SparsePoser: Real-time Full-body Motion Reconstruction from Sparse Data
ACM Transactions on Graphics  ( IF 7.8 ) Pub Date : 2023-10-31 , DOI: 10.1145/3625264
Jose Luis Ponton 1 , Haoran Yun 1 , Andreas Aristidou 2 , Carlos Andujar 1 , Nuria Pelechano 1

Accurate and reliable human motion reconstruction is crucial for creating natural interactions of full-body avatars in Virtual Reality (VR) and entertainment applications. As the Metaverse and social applications gain popularity, users are seeking cost-effective solutions to create full-body animations that are comparable in quality to those produced by commercial motion capture systems. In order to provide affordable solutions though, it is important to minimize the number of sensors attached to the subject’s body. Unfortunately, reconstructing the full-body pose from sparse data is a heavily under-determined problem. Some studies that use IMU sensors face challenges in reconstructing the pose due to positional drift and ambiguity of the poses. In recent years, some mainstream VR systems have released 6-degree-of-freedom (6-DoF) tracking devices providing positional and rotational information. Nevertheless, most solutions for reconstructing full-body poses rely on traditional inverse kinematics (IK) solutions, which often produce non-continuous and unnatural poses. In this article, we introduce SparsePoser, a novel deep learning-based solution for reconstructing a full-body pose from a reduced set of six tracking devices. Our system incorporates a convolutional-based autoencoder that synthesizes high-quality continuous human poses by learning the human motion manifold from motion capture data. Then, we employ a learned IK component, made of multiple lightweight feed-forward neural networks, to adjust the hands and feet toward the corresponding trackers. We extensively evaluate our method on publicly available motion capture datasets and with real-time live demos. We show that our method outperforms state-of-the-art techniques using IMU sensors or 6-DoF tracking devices, and can be used for users with different body dimensions and proportions.

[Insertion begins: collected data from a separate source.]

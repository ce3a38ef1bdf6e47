-- ===== src/Raylet/Scheduler/Steps.antt =====
-- The event loop of crates/ray-raylet/src/scheduler.rs in its single steps. It takes a command and
-- then goes through its queue, one task at a time; tasks that end and leases are served by other
-- threads, also between two of these steps.
pub mod Rounds
pub mod Safety
pub mod Outstanding
pub mod Accounts
mod Tests
use ray_rust.Common.{ℕ, List, [], ◌∷◌}
use ray_rust.Core.Error.{RayResult}
use ray_rust.Core.Id.{WorkerId}
use ray_rust.Core.Resources.{Resources}
use ray_rust.Core.Types.{TaskSpec}
use ray_rust.Raylet.Scheduler
use ray_rust.Raylet.Scheduler.{Command, Node, handle, allocate, drain_one}

-- Where the loop is: it waits for a command, or it drains its queue, with the tasks that it has not
-- come to and those that it keeps.
pub data Control : Type 0 where
  waiting : Control
  draining : List TaskSpec → List TaskSpec → Control

pub record Loop : Type 0 where
  pub node : Node
  pub control : Control

pub data Event : Type 0 where
  takes : Command → Event
  drains : Event
  starts : ℕ → WorkerId → ℕ → Event
  finishes : ℕ → RayResult (List ℕ) → ℕ → Event
  leases : Resources → Event

-- `pending_queue.drain(..)` leaves the queue empty.
unfoldable pub begin_drain : Node → Loop
begin_drain n = record {
  node = record n { pending_queue = [] };
  control = draining n.pending_queue [];
}

-- `cmd_rx.recv()`, and the handling of what it gives.
unfoldable pub receive : Node → Control → Command → Loop
receive n waiting c = begin_drain (handle n c)
receive n (draining rest still_pending) c = record {
  node = n;
  control = draining rest still_pending;
}

-- One round of the `for` loop, or its end: `pending_queue = still_pending`.
unfoldable pub drain_next : Node → Control → Loop
drain_next n waiting = record { node = n; control = waiting }
drain_next n (draining [] still_pending) = record {
  node = record n { pending_queue = still_pending };
  control = waiting;
}
drain_next n (draining (spec ∷ rest) still_pending) =
    let (n', still) = drain_one (allocate n spec) spec still_pending in
    record { node = n'; control = draining rest still }

unfoldable pub step : Loop → Event → Loop
step l (takes c) = receive l.node l.control c
step l drains = drain_next l.node l.control
step l (starts i worker_id pid) = record l {
  node = Scheduler.step l.node (Scheduler.starts i worker_id pid);
}
step l (finishes i result now) = record l {
  node = Scheduler.step l.node (Scheduler.finishes i result now);
}
step l (leases required) = record l { node = Scheduler.step l.node (Scheduler.leases required) }

unfoldable pub run : Loop → List Event → Loop
run l [] = l
run l (e ∷ es) = run (step l e) es
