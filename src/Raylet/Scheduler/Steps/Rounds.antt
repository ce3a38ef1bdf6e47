-- ===== src/Raylet/Scheduler/Steps/Rounds.antt =====
-- One round of the drain in the event loop (crates/ray-raylet/src/scheduler.rs).
use ray_rust.Common.{◌≡◌, refl, ◌⊎◌, true, false, List, [], ◌∷◌, ◌++◌, inl, inr}
use ray_rust.Core.Resources
use ray_rust.Core.Types.{TaskSpec}
use ray_rust.Raylet.Scheduler.{Node, run_task, allocate, drain_one}
use ray_rust.Raylet.Scheduler.Books.{allocate-cases, taken}
use ray_rust.Raylet.Scheduler.Steps.{draining, drain_next}

allocate_fitting :
    (n : Node) (spec : TaskSpec)
    → Resources.can_satisfy n.resource_manager.available spec.required_resources ≡ true
    → allocate n spec ≡ (true, taken n spec)
allocate_fitting n spec fits = elim (allocate-cases n spec) [ inl (_, e) ↦ e | inr (short, _) ↦ cc ]

allocate_short :
    (n : Node) (spec : TaskSpec)
    → Resources.can_satisfy n.resource_manager.available spec.required_resources ≡ false
    → allocate n spec ≡ (false, n)
allocate_short n spec short = elim (allocate-cases n spec) [ inl (fits, _) ↦ cc | inr (_, e) ↦ e ]

next_fitting :
    (n : Node) (spec : TaskSpec) (rest still : List TaskSpec)
    → Resources.can_satisfy n.resource_manager.available spec.required_resources ≡ true
    → drain_next n (draining (spec ∷ rest) still)
      ≡ record { node = run_task (taken n spec) spec; control = draining rest still }
unfolding drain_next drain_one
next_fitting n spec rest still fits = rw (allocate_fitting n spec fits, drain_one) refl

next_short :
    (n : Node) (spec : TaskSpec) (rest still : List TaskSpec)
    → Resources.can_satisfy n.resource_manager.available spec.required_resources ≡ false
    → drain_next n (draining (spec ∷ rest) still)
      ≡ record { node = n; control = draining rest (still ++ spec ∷ []) }
unfolding drain_next drain_one
next_short n spec rest still short = rw (allocate_short n spec short, drain_one) refl

-- The two ways of one round.
pub next_cases :
    (n : Node) (spec : TaskSpec) (rest still : List TaskSpec)
    → ((Resources.can_satisfy n.resource_manager.available spec.required_resources ≡ true)
        × (drain_next n (draining (spec ∷ rest) still)
            ≡ record { node = run_task (taken n spec) spec; control = draining rest still }))
      ⊎ ((Resources.can_satisfy n.resource_manager.available spec.required_resources ≡ false)
          × (drain_next n (draining (spec ∷ rest) still)
              ≡ record { node = n; control = draining rest (still ++ spec ∷ []) }))
next_cases n spec rest still = elim (allocate-cases n spec) [
  | inl (fits, _) ↦ inl (fits, next_fitting n spec rest still fits)
  | inr (short, _) ↦ inr (short, next_short n spec rest still short)
]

准确可靠的人体运动重建对于在虚拟现实 (VR) 和娱乐应用中创建全身化身的自然交互至关重要。随着元宇宙和社交应用程序的普及,用户正在寻求经济高效的解决方案来创建质量可与商业动作捕捉系统制作的全身动画相媲美的动画。然而,为了提供负担得起的解决方案,重要的是要尽量减少附着在受试者身体上的传感器数量。不幸的是,从稀疏数据重建全身姿势是一个严重不确定的问题。由于位置漂移和姿势的模糊性,一些使用 IMU 传感器的研究在重建姿势方面面临着挑战。近年来,一些主流VR系统发布了六自由度(6-DoF)跟踪设备,提供位置和旋转信息。然而,大多数重建全身姿势的解决方案都依赖于传统的逆运动学 (IK) 解决方案,这通常会产生不连续和不自然的姿势。在本文中,我们介绍了 SparsePoser,这是一种基于深度学习的新型解决方案,用于从六个跟踪设备的精简组中重建全身姿势。我们的系统采用了基于卷积的自动编码器,通过从运动捕捉数据中学习人体运动流形来合成高质量的连续人体姿势。然后,我们采用由多个轻量级前馈神经网络组成的学习 IK 组件,将手和脚调整到相应的跟踪器。我们在公开的动作捕捉数据集和实时现场演示中广泛评估了我们的方法。我们表明,我们的方法优于使用 IMU 传感器或 6-DoF 跟踪设备的最先进技术,并且可用于不同身体尺寸和比例的用户。